I have an older friend, in her 70's who really wants to start a new hobby. Her husband passed away several months ago, and she needs something to occupy her time. She does have arthritis in her hands, and not too good in the eyesight department, so most needlework (crochet, knit, needlepoint) might not be within her capabilities. Does anyone have any suggestions or ideas for any type of craft that she might enjoy?

Thank you!


----------



## CraftyDiva (Aug 26, 2003)

Nit really a craft, more artistic in nature, Photography. She could sell her photos to online companies that furnish :stock photos, make up greeting cards using her pictures, or even having posters made and sell them at Art and craft fairs. It's a wide open field with many uses for her photos.


----------



## sapphira (Mar 24, 2003)

I gave this a lot of thought and there is not much detail work she could do on her own. We have a lot of elderly in our family right now. My sis is working with her mother-in-law (90's), and they even take her on biking trips using a side car. Bicycling that is. She is also working on the story of her life. Childhood, falling in love. Scrapbooking might be possible - that can be done with decorative paper and what they call tearing in a hurry, abstract use of paper design. Also Card making using the abstract method. (good for her hand use) Library book, 70 Fabulous Things to make with papercrafts, by Marion Elliot and angela A'Court, isbn 978-1-84476-245-3. Alibris has this on their website for about 5-6 dollars or libraries should have it. On page 25 is an example of what I mean. 
The other thing is not a craft. Using Netflix for a once a month movie is something to look forward to. If she is home alone, helping her have a Tea party once a week is a good thing. Sr. Centers have some things and Churches have some things. At this time of life, Social activities are more in the line of things that can be done and are needed. She could also sort her photos to some extent. Putting her recipes in a scrapbook is a good one - posterity always wants gramma's recipes. And some of them might be a little this a little that etc - still fun to try. Busy work. S.


----------



## Meg Z (Jun 8, 2004)

sapphira said:


> She could also sort her photos to some extent. Putting her recipes in a scrapbook is a good one - posterity always wants gramma's recipes. And some of them might be a little this a little that etc - still fun to try. Busy work. S.

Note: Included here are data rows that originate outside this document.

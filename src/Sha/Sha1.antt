-- ===== src/Sha/Sha1.antt =====
-- generic/sha1.c, with SHA1HANDSOFF and on a little-endian machine: the context, the transform
-- and the three entry points. `Update` and `Final` are in children.
pub mod Update
pub mod Final
pub mod Fips
pub mod Turns
pub mod Schedule
use e2factory.Common.{
  ℕ, zero, suc, ◌+◌, ◌-◌, ◌*◌, ◌/◌, ◌%◌, ◌^◌, bit_and, bit_or, bit_xor, Bool, true, false, Option,
  none, some, List, [], ◌∷◌, ◌++◌, map, Bytes, ltb, leb, ◌==◌, if◌then◌else◌, length, take, drop,
  get_or, set, replicate,
}
use e2factory.Sha.Words.{u32, ◌<<<◌, ◌>>>◌, memcpy, load_le}

-- `context->state`, also the working variables a to e.
pub record Regs : Type 0 where
  pub a : ℕ
  pub b : ℕ
  pub c : ℕ
  pub d : ℕ
  pub e : ℕ

-- SHA1_CTX, with `count[0]` and `count[1]`.
pub record Context : Type 0 where
  pub state : Regs
  pub count0 : ℕ
  pub count1 : ℕ
  pub buffer : Bytes

-- `rol(value, bits)`
unfoldable pub rol : ℕ → ℕ → ℕ
rol value bits = bit_or (value <<< bits) (value >>> (32 - bits))

-- `block->l` as it is loaded, before the bytes are swapped.
unfoldable pub words_le : ℕ → ℕ → Bytes → List ℕ
words_le zero i bytes = []
words_le (suc left) i bytes = load_le bytes i ∷ words_le left (i + 1) bytes

-- `blk0(i)`: the word with its bytes swapped, in place.
unfoldable pub blk0 : List ℕ → ℕ → List ℕ
unfolding rol
blk0 l i =
    let w = get_or l i 0 in
    set l i (bit_or (bit_and (rol w 24) 0xff00ff00) (bit_and (rol w 8) 0x00ff00ff))

-- `blk(i)`: the next word of the schedule, over the oldest one.
unfoldable pub blk : List ℕ → ℕ → List ℕ
unfolding rol
blk l i =
    let old = λ (k : ℕ). get_or l (bit_and (i + k) 15) 0 in
    set l (bit_and i 15) (rol (bit_xor (bit_xor (bit_xor (old 13) (old 8)) (old 2)) (old 0)) 1)

-- The three ways to mix, each in the rounds that the macros R0 to R4 give it.
unfoldable pub mix : ℕ → ℕ → ℕ → ℕ → ℕ
mix i w x y =
    if ltb i 20
    then bit_xor (bit_and w (bit_xor x y)) y
    else if ltb i 40
    then bit_xor (bit_xor w x) y
    else if ltb i 60
    then bit_or (bit_and (bit_or w x) y) (bit_and w x)
    else bit_xor (bit_xor w x) y

abbrev pub constant : ℕ → ℕ
constant i =
    if ltb i 20
    then 0x5a827999
    else if ltb i 40
    then 0x6ed9eba1
    else if ltb i 60
    then 0x8f1bbcdc
    else 0xca62c1d6

-- `blk0` in the first 16 rounds, then `blk`.
unfoldable pub expand : List ℕ → ℕ → List ℕ
unfolding blk0 blk
expand l i = if ltb i 16 then blk0 l i else blk l i

-- The new value of `z` in R0 to R4.
unfoldable pub mixed : ℕ → ℕ → ℕ → ℕ → ℕ → ℕ → List ℕ → ℕ
unfolding mix rol
mixed i v w x y z l = u32 (z + (mix i w x y + get_or l (bit_and i 15) 0 + constant i + rol v 5))

-- `block->l` and the working variables.
pub record Work : Type 0 where
  pub l : List ℕ
  pub regs : Regs

-- Five rounds, in which the five variables take turns; the calls R(a,b,c,d,e,i),
-- R(e,a,b,c,d,i+1), R(d,e,a,b,c,i+2), R(c,d,e,a,b,i+3), R(b,c,d,e,a,i+4).
unfoldable pub five : ℕ → Work → Work
unfolding expand mixed rol
five i s =
    let r = s.regs in
    let l0 = expand s.l i in
    let e0 = mixed i r.a r.b r.c r.d r.e l0 in
    let b0 = rol r.b 30 in
    let l1 = expand l0 (i + 1) in
    let d1 = mixed (i + 1) e0 r.a b0 r.c r.d l1 in
    let a1 = rol r.a 30 in
    let l2 = expand l1 (i + 2) in
    let c2 = mixed (i + 2) d1 e0 a1 b0 r.c l2 in
    let e2 = rol e0 30 in
    let l3 = expand l2 (i + 3) in
    let b3 = mixed (i + 3) c2 d1 e2 a1 b0 l3 in
    let d3 = rol d1 30 in
    let l4 = expand l3 (i + 4) in
    let a4 = mixed (i + 4) b3 c2 d3 e2 a1 l4 in
    let c4 = rol c2 30 in
    record { l = l4; regs = record { a = a4; b = b3; c = c4; d = d3; e = e2 } }

-- The unrolled rounds from `i` on, five at a time.
unfoldable pub rounds_from : ℕ → ℕ → Work → Work
unfolding five
rounds_from zero i s = s
rounds_from (suc left) i s = rounds_from left (i + 5) (five i s)

-- SHA1Transform
unfoldable pub transform : Regs → Bytes → Regs
unfolding rounds_from words_le
transform st buffer =
    let r = (rounds_from 16 0 (record { l = words_le 16 0 buffer; regs = st })).regs in
    record {
      a = u32 (st.a + r.a);
      b = u32 (st.b + r.b);
      c = u32 (st.c + r.c);
      d = u32 (st.d + r.d);
      e = u32 (st.e + r.e);
    }

abbrev pub initial : Regs
initial = record { a = 0x67452301; b = 0xefcdab89; c = 0x98badcfe; d = 0x10325476; e = 0xc3d2e1f0 }

-- SHA1Init. The buffer keeps what it held.
unfoldable pub init : Context → Context
init context = record context { state = initial; count0 = 0; count1 = 0 }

On that idea, you might offer a tape recorder, and ask her to record her memories. Someone could potentially type them up and have them published. Especially if you can get her to describe specific events as separate stories. Like, each time she picks up the recorder, she has a specific memory to record, in detail. That becomes a short story. Try to get her to avoid the rambling recalls, as they are harder to read. 

That effectively becomes a 'hobby' of remembering your life. And that's also good brain exercise.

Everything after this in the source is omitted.